### WORK INSTRUCTIONS
Where the word "QuietHours" appears in a line of the entries below, count that line and give the total alone.

Dataset entries
= Beginning of Section =

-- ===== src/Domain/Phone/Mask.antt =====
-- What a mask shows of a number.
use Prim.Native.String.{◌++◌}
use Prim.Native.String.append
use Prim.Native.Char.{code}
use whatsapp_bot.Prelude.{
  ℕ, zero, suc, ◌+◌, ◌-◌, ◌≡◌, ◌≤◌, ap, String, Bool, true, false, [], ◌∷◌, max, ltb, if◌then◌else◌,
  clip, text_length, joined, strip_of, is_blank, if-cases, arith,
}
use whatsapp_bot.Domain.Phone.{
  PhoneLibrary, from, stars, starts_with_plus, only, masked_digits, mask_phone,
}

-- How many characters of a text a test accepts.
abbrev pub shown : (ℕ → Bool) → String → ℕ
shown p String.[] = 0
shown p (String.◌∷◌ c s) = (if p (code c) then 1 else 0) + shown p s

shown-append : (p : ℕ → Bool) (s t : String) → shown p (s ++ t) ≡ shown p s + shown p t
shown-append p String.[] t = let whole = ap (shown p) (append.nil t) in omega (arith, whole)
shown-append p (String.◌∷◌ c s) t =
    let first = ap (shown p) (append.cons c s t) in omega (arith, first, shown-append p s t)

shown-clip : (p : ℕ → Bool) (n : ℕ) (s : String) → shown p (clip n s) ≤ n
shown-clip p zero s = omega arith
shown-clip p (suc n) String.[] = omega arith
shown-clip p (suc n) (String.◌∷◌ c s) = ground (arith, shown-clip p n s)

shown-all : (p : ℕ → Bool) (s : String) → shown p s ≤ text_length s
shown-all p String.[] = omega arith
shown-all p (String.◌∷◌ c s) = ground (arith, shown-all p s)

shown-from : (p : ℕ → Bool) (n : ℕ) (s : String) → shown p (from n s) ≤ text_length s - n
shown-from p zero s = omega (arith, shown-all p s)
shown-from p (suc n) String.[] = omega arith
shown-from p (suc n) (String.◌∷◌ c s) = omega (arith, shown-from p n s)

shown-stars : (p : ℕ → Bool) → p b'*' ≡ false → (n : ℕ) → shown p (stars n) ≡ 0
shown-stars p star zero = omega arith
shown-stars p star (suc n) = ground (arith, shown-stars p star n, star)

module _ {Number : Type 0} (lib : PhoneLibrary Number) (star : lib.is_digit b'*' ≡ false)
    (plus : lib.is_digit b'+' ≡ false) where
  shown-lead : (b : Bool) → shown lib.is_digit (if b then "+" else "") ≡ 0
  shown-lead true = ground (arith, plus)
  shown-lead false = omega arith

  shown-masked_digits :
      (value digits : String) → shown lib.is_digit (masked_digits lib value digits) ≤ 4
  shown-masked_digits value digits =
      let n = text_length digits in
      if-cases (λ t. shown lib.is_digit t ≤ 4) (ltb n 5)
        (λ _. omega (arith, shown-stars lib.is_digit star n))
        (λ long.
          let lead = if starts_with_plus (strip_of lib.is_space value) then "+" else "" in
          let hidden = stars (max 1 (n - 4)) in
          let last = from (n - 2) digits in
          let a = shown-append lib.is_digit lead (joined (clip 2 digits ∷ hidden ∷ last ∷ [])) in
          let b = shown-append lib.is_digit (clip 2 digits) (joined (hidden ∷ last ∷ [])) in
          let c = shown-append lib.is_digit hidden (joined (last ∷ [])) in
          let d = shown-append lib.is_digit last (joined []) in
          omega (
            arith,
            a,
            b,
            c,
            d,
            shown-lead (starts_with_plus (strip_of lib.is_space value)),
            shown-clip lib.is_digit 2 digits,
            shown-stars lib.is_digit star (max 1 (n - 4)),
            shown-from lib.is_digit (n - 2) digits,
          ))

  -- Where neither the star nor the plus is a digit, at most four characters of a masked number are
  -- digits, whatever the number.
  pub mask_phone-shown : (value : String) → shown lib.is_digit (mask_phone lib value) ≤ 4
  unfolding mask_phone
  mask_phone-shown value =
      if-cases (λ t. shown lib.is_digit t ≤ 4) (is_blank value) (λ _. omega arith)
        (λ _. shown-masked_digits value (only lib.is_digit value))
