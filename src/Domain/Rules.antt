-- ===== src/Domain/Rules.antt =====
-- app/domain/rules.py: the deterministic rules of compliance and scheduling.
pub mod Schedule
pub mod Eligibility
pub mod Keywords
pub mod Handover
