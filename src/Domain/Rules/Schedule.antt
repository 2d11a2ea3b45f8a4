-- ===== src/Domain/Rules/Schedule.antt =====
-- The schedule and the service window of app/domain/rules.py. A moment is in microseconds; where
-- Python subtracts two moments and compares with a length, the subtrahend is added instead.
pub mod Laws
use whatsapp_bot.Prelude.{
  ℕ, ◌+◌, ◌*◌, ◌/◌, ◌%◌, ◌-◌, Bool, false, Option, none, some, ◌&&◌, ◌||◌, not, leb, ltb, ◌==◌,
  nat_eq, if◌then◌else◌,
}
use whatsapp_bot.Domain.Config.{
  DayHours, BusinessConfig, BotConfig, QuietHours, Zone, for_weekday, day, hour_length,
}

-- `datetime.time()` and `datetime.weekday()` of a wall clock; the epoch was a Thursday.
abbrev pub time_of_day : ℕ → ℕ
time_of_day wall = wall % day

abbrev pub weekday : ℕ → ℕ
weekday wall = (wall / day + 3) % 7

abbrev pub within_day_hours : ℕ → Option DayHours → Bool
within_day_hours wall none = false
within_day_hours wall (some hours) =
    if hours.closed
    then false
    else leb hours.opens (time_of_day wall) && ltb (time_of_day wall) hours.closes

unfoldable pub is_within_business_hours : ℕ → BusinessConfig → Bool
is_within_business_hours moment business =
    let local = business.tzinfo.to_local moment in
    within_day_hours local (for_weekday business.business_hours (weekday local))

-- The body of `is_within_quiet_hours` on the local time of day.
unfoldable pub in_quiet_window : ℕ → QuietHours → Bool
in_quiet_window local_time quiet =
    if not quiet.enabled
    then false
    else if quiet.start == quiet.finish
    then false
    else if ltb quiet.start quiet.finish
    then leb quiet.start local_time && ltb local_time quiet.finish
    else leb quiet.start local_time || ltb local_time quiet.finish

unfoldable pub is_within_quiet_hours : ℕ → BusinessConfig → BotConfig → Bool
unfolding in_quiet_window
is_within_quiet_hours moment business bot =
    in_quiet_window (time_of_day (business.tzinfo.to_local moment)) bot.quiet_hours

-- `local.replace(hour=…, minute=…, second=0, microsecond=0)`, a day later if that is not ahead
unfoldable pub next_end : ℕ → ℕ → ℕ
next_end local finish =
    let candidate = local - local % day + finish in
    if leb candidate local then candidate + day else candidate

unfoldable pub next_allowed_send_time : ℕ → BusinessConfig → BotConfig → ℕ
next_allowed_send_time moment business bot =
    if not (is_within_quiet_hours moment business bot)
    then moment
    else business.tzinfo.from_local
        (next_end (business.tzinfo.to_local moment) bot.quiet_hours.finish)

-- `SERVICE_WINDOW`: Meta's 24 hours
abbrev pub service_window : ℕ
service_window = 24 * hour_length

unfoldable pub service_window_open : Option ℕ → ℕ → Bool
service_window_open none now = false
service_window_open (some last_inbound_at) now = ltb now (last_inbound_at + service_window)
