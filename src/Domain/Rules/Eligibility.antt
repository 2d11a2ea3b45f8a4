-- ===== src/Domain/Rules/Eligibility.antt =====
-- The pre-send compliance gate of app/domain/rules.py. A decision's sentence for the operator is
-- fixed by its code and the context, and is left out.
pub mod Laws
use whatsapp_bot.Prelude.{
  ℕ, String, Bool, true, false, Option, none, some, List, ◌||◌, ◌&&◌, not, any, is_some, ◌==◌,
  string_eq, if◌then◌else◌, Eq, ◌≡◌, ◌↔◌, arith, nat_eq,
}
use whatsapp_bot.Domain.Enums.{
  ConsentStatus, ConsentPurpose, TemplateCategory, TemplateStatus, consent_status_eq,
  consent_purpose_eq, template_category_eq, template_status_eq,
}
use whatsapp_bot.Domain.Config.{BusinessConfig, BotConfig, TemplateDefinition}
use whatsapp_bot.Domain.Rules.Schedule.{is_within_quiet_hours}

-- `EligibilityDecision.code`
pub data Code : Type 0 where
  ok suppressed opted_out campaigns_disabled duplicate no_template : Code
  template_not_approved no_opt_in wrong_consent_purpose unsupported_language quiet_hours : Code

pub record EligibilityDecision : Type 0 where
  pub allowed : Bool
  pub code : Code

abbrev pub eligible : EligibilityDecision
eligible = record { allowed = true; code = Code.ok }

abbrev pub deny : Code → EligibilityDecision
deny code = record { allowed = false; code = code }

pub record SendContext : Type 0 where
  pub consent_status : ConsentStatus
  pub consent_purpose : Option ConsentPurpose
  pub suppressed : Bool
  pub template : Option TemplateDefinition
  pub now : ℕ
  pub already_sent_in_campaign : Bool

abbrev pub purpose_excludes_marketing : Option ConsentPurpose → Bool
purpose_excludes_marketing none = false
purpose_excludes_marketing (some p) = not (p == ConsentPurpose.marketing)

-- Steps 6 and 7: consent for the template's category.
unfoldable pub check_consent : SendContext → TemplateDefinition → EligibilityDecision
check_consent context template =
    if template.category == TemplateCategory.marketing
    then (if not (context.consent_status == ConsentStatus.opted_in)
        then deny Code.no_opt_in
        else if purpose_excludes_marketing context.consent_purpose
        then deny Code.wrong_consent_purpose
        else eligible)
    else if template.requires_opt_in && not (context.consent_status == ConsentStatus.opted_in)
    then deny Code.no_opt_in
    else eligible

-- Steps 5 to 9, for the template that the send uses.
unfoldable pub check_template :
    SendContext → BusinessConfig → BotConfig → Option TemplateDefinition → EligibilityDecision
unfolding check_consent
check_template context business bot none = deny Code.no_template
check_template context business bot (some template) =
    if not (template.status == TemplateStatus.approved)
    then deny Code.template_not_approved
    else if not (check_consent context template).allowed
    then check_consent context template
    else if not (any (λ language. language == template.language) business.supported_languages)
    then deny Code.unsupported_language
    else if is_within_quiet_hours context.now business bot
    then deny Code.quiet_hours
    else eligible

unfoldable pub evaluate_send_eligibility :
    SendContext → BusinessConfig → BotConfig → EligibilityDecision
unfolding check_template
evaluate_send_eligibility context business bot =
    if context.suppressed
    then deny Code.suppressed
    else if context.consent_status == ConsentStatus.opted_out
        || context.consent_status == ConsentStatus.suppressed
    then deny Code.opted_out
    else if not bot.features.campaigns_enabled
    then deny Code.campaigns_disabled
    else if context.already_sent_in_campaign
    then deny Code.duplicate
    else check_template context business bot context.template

= End of Section =

### RESULT OF THE EXERCISE
2